What the task asks - From the entries below, work out how many lines contain the string "forms"; answer with the number alone.

------ Records supplied

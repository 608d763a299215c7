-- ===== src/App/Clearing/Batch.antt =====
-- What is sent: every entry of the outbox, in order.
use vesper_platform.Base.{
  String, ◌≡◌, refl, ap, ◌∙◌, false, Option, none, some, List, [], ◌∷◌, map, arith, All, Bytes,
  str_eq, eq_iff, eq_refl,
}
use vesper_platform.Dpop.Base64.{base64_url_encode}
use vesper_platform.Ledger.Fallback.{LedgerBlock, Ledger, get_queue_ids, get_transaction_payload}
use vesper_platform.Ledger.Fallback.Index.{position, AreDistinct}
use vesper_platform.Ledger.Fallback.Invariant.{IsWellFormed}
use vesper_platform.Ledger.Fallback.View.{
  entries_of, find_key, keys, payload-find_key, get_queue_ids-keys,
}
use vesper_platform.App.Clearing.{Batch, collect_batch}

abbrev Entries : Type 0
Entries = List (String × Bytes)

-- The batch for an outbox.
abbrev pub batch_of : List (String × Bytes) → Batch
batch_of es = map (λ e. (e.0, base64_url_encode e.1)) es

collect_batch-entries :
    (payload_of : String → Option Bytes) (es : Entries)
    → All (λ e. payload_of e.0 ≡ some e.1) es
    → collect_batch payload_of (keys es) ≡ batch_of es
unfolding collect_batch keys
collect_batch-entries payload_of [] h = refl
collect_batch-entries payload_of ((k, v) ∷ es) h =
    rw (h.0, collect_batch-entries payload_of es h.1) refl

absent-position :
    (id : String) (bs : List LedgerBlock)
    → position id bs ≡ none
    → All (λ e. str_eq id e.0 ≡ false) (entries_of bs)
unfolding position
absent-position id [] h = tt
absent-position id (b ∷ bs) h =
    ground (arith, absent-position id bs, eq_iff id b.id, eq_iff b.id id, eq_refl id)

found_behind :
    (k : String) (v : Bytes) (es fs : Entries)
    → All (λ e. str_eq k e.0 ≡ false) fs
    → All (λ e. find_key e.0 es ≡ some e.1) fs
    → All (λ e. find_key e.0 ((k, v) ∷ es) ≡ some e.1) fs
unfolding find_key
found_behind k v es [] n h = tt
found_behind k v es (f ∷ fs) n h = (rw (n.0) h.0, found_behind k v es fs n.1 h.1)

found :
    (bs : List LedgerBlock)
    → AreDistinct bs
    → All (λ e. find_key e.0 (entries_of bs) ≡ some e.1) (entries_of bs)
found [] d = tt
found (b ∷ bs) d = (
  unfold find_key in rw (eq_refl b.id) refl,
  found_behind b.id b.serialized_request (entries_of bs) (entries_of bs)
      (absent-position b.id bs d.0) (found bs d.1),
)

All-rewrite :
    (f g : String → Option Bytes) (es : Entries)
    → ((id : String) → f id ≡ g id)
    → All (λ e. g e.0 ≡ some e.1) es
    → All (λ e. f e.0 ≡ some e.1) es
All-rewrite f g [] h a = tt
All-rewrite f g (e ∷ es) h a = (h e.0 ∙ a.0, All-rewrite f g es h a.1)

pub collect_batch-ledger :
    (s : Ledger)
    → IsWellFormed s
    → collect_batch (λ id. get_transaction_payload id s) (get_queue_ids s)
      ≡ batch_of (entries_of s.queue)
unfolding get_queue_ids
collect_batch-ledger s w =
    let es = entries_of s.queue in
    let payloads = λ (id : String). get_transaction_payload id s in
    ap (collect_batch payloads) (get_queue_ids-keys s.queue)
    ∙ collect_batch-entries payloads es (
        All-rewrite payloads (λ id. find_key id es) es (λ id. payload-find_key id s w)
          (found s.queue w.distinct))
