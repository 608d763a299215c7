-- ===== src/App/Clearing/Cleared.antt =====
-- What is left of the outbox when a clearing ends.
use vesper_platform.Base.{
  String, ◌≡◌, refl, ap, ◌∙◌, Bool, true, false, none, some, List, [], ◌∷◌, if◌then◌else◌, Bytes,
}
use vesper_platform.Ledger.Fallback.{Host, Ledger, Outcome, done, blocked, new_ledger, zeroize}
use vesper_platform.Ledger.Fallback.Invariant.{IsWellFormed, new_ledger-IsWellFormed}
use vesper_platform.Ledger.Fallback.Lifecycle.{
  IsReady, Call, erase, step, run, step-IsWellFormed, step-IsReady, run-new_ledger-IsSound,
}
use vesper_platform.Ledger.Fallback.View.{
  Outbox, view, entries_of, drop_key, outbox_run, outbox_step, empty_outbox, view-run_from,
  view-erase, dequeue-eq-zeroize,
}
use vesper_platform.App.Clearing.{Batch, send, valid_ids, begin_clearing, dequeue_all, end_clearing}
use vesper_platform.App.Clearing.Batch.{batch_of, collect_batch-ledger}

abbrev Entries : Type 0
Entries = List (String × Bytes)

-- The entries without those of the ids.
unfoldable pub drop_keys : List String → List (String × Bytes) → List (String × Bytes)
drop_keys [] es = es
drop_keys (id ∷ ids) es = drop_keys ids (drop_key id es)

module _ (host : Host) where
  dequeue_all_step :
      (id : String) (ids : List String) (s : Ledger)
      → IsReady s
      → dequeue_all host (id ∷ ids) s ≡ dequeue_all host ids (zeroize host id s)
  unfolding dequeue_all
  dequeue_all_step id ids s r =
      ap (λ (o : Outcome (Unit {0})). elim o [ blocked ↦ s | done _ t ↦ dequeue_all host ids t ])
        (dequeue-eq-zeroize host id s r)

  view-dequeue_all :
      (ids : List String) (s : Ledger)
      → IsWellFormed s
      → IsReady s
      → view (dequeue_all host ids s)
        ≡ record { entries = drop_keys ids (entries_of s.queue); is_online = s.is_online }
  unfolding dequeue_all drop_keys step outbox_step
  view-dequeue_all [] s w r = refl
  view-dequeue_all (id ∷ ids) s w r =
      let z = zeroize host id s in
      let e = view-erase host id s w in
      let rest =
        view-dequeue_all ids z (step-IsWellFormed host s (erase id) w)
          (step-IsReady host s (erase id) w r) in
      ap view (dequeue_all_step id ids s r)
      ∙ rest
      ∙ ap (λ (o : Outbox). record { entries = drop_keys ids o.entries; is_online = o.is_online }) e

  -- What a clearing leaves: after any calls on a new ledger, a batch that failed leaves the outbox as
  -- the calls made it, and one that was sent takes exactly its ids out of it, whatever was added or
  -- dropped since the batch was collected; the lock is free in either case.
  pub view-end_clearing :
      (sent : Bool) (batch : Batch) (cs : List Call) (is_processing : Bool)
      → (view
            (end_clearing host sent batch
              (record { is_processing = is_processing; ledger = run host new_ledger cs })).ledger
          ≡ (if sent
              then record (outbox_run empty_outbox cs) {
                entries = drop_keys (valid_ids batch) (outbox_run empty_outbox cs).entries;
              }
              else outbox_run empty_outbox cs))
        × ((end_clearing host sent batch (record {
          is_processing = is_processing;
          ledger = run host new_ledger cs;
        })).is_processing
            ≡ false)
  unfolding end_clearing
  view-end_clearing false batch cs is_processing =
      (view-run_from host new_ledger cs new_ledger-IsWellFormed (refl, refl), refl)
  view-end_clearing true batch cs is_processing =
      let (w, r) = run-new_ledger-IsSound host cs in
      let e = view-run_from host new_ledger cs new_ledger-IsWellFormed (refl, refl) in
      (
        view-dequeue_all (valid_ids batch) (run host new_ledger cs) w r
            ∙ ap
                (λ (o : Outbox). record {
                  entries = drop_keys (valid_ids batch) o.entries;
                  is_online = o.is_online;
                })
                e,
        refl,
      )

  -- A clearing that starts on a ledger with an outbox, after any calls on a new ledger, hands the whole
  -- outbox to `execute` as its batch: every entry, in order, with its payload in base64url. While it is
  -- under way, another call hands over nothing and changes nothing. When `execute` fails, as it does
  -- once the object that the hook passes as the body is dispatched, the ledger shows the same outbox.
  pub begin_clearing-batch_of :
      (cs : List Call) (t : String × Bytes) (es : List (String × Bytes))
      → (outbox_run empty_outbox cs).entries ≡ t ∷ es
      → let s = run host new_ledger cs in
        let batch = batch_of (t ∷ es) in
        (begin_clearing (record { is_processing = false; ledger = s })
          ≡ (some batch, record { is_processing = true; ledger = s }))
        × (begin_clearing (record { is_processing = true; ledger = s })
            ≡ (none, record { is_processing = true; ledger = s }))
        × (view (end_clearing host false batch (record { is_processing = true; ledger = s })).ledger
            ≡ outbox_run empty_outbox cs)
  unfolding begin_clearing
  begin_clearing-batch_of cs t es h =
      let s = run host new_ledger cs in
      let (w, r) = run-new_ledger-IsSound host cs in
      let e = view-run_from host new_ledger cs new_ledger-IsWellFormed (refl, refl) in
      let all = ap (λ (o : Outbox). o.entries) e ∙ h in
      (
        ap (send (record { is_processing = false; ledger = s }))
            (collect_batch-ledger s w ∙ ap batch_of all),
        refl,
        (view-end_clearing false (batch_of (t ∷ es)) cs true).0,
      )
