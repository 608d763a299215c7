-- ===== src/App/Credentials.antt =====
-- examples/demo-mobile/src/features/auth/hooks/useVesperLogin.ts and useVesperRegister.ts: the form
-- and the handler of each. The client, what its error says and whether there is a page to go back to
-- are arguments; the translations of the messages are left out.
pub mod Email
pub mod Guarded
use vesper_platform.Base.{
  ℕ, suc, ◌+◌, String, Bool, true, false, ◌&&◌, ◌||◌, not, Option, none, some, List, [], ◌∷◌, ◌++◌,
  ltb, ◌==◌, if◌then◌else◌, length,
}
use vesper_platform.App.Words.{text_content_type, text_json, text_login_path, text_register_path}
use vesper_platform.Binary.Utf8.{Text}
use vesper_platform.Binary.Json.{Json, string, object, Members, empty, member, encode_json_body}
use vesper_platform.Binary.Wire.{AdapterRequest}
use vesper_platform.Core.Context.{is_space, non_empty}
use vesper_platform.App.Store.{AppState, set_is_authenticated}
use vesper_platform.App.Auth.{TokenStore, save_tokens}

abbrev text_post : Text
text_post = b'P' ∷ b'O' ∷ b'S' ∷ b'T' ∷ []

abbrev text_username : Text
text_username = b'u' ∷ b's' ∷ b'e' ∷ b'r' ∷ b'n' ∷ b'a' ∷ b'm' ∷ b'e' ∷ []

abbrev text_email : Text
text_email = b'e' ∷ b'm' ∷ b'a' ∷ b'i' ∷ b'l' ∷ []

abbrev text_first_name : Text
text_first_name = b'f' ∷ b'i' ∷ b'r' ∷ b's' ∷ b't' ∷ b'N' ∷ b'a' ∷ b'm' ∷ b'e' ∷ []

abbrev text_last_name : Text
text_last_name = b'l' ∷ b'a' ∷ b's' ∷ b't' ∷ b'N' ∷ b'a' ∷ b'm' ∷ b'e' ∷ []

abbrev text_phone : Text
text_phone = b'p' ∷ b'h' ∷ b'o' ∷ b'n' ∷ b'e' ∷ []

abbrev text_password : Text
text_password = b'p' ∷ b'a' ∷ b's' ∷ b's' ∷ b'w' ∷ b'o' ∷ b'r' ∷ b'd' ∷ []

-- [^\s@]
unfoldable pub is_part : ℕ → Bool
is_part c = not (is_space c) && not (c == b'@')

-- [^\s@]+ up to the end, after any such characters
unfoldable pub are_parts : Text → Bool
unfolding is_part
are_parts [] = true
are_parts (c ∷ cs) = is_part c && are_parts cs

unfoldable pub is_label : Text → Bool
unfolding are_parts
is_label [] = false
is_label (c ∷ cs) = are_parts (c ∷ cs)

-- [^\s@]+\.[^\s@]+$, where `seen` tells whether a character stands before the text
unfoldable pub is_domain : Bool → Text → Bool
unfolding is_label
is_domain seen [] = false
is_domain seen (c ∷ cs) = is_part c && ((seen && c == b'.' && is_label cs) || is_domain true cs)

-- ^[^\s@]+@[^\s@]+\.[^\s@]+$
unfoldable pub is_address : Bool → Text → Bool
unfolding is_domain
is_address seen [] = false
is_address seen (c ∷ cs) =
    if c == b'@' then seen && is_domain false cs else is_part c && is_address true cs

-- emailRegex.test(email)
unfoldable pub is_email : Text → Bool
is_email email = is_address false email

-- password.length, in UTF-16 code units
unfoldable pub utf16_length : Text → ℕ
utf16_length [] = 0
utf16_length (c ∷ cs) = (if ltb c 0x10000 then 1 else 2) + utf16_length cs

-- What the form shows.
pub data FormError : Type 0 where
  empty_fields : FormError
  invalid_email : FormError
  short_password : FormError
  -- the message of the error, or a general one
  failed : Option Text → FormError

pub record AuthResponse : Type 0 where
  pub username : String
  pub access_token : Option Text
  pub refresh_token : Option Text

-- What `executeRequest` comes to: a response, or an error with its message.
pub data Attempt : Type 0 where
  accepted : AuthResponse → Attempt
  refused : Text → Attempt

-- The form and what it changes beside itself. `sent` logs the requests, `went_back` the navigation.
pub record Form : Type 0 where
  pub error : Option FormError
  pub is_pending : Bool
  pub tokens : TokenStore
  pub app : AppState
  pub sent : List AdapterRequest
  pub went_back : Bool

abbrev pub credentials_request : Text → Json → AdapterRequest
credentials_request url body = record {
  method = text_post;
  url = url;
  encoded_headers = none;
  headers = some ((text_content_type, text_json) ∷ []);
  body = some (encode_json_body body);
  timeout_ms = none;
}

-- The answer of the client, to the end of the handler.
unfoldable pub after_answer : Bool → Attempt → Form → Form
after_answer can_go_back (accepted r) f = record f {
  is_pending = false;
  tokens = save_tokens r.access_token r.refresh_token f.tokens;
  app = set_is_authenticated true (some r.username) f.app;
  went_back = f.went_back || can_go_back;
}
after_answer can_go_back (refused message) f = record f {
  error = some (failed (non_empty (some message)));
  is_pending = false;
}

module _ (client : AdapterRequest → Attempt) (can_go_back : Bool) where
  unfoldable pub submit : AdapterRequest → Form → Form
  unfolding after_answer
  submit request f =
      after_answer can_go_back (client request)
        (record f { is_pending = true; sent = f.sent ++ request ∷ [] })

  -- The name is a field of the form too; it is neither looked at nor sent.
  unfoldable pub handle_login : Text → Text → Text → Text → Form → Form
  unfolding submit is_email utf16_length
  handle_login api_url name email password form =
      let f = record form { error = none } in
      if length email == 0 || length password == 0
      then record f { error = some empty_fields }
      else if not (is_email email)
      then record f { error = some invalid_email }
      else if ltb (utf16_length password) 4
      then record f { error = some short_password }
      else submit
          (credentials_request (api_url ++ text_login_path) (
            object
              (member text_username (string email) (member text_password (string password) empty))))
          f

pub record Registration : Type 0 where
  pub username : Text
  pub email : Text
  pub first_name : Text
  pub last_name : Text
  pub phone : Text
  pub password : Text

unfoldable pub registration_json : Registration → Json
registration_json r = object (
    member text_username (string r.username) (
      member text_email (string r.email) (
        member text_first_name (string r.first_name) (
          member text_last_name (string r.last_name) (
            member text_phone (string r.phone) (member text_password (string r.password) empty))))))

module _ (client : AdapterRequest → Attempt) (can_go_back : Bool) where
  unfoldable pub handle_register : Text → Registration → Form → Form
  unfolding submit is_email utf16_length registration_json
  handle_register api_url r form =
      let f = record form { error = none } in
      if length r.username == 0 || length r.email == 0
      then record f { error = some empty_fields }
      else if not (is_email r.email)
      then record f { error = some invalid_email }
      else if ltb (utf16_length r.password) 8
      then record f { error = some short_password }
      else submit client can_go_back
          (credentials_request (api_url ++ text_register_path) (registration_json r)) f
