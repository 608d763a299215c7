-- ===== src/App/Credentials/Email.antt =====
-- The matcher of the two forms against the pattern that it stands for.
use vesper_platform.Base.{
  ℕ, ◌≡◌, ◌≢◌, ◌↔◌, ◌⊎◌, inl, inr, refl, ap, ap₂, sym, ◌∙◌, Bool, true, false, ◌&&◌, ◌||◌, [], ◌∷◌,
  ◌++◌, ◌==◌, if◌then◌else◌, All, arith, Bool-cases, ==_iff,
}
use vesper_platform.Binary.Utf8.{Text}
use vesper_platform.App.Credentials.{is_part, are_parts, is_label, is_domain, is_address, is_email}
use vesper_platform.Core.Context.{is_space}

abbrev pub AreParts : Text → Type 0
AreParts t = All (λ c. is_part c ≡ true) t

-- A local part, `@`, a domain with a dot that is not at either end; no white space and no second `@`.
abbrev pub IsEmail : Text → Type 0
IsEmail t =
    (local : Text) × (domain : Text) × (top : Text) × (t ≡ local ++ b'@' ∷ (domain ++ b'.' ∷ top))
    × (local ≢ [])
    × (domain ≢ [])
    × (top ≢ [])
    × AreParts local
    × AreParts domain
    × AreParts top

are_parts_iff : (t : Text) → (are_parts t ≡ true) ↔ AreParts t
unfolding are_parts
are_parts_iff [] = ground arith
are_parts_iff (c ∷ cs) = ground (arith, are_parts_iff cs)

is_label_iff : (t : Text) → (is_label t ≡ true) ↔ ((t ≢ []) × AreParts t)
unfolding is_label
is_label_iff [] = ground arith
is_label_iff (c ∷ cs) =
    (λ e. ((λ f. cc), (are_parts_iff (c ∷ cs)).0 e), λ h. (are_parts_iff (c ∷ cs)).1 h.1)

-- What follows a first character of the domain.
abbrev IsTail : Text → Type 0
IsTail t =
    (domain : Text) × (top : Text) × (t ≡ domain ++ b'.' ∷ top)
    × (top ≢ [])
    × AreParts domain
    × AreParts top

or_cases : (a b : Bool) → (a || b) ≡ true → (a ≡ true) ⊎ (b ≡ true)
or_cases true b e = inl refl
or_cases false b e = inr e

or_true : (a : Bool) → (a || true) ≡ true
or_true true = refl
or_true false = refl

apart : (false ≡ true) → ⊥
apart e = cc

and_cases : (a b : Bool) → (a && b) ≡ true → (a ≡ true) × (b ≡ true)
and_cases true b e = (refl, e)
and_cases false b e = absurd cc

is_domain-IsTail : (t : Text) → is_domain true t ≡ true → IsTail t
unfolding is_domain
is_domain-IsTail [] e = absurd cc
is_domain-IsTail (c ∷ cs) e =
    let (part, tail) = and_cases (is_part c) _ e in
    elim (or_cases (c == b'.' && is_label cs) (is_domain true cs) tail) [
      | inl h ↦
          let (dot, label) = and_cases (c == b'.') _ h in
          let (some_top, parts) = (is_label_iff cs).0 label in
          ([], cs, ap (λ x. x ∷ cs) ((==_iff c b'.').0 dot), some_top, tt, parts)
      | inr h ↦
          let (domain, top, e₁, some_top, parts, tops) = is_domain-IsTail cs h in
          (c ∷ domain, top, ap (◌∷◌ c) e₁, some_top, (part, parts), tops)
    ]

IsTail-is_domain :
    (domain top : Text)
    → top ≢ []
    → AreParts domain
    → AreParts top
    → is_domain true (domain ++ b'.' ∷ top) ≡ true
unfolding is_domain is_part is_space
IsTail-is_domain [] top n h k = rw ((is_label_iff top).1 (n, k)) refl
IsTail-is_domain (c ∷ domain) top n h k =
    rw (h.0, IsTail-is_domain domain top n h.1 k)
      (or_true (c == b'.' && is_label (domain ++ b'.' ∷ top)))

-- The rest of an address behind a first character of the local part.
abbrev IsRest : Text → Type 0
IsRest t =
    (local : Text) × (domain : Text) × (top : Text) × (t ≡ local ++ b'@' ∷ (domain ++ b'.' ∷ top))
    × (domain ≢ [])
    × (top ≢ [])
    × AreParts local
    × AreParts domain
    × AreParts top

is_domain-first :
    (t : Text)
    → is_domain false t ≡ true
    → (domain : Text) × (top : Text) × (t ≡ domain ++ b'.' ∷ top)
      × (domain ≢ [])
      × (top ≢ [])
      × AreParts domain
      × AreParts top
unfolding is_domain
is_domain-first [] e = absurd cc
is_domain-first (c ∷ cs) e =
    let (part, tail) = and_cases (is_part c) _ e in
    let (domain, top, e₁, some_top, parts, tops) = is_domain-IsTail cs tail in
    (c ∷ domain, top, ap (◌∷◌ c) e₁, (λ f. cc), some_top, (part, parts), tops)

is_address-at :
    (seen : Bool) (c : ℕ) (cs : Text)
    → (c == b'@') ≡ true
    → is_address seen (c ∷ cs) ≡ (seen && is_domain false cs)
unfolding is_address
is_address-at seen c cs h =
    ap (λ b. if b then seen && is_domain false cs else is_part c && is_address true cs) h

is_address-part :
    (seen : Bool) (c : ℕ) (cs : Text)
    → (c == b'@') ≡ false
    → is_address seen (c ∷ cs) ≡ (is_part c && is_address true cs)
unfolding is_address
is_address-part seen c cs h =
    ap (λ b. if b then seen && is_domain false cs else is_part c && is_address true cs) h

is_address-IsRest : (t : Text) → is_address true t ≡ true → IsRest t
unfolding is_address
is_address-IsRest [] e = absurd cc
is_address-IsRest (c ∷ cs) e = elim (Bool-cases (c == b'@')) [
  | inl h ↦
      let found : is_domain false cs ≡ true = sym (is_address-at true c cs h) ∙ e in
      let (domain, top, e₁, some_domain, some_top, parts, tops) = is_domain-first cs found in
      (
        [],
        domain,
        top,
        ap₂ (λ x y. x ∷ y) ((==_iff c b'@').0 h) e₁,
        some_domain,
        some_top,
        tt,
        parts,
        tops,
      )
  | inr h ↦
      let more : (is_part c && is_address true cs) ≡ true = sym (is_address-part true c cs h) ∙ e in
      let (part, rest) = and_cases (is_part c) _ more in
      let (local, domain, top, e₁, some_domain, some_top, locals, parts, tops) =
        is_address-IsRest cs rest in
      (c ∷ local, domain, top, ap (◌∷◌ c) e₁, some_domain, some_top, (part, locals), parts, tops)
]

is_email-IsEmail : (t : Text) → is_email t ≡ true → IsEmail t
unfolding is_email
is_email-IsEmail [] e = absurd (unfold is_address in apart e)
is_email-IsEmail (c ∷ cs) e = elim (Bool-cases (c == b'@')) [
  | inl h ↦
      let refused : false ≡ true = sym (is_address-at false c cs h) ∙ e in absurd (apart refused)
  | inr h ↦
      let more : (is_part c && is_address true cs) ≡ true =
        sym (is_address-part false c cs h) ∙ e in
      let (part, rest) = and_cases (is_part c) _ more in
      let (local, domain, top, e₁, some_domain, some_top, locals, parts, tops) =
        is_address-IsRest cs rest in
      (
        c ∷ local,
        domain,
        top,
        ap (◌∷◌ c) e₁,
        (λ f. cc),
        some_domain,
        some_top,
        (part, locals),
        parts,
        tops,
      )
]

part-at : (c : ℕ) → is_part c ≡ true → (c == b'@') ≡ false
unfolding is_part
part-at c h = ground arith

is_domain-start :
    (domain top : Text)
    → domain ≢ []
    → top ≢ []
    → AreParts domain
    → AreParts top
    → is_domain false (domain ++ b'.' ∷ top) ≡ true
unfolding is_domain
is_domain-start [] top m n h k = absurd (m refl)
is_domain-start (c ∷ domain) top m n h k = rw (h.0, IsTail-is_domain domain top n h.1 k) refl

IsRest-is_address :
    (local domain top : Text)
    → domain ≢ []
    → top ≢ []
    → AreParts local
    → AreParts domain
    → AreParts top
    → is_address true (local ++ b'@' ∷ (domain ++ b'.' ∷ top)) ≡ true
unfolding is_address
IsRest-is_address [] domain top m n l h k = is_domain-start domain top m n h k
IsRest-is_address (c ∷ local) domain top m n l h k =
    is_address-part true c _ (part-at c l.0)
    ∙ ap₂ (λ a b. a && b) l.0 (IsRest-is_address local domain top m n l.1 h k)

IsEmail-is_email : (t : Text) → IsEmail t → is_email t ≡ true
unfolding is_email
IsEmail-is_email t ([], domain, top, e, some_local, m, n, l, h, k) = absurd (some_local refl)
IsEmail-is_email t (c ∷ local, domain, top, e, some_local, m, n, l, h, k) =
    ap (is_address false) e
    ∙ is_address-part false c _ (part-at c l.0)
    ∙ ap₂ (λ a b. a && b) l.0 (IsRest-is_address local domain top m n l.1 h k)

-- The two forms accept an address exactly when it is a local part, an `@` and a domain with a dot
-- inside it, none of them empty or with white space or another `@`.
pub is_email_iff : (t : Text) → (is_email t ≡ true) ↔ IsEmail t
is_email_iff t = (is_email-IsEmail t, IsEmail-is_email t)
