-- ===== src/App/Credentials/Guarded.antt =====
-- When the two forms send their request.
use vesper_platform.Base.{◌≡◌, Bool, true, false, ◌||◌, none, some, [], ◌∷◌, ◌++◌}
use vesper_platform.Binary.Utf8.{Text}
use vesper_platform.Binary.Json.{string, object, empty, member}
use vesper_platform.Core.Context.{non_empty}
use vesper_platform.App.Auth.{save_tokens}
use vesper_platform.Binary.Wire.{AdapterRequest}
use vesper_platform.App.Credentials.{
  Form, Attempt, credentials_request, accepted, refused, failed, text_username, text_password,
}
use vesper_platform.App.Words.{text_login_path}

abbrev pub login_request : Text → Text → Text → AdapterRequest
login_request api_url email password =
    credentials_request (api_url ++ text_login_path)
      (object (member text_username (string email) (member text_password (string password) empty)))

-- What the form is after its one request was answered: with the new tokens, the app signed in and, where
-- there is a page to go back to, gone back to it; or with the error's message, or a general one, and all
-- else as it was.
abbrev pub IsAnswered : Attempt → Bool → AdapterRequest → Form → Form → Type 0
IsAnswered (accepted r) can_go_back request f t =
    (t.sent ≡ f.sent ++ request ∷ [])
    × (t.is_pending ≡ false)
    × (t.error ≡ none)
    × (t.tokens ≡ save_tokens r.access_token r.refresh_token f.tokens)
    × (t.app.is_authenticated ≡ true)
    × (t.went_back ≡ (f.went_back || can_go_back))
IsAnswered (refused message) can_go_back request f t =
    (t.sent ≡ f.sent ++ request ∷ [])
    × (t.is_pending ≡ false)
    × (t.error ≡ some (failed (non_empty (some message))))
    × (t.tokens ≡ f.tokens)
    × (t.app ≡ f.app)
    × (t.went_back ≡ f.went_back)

------------

Answer to this exercise - 3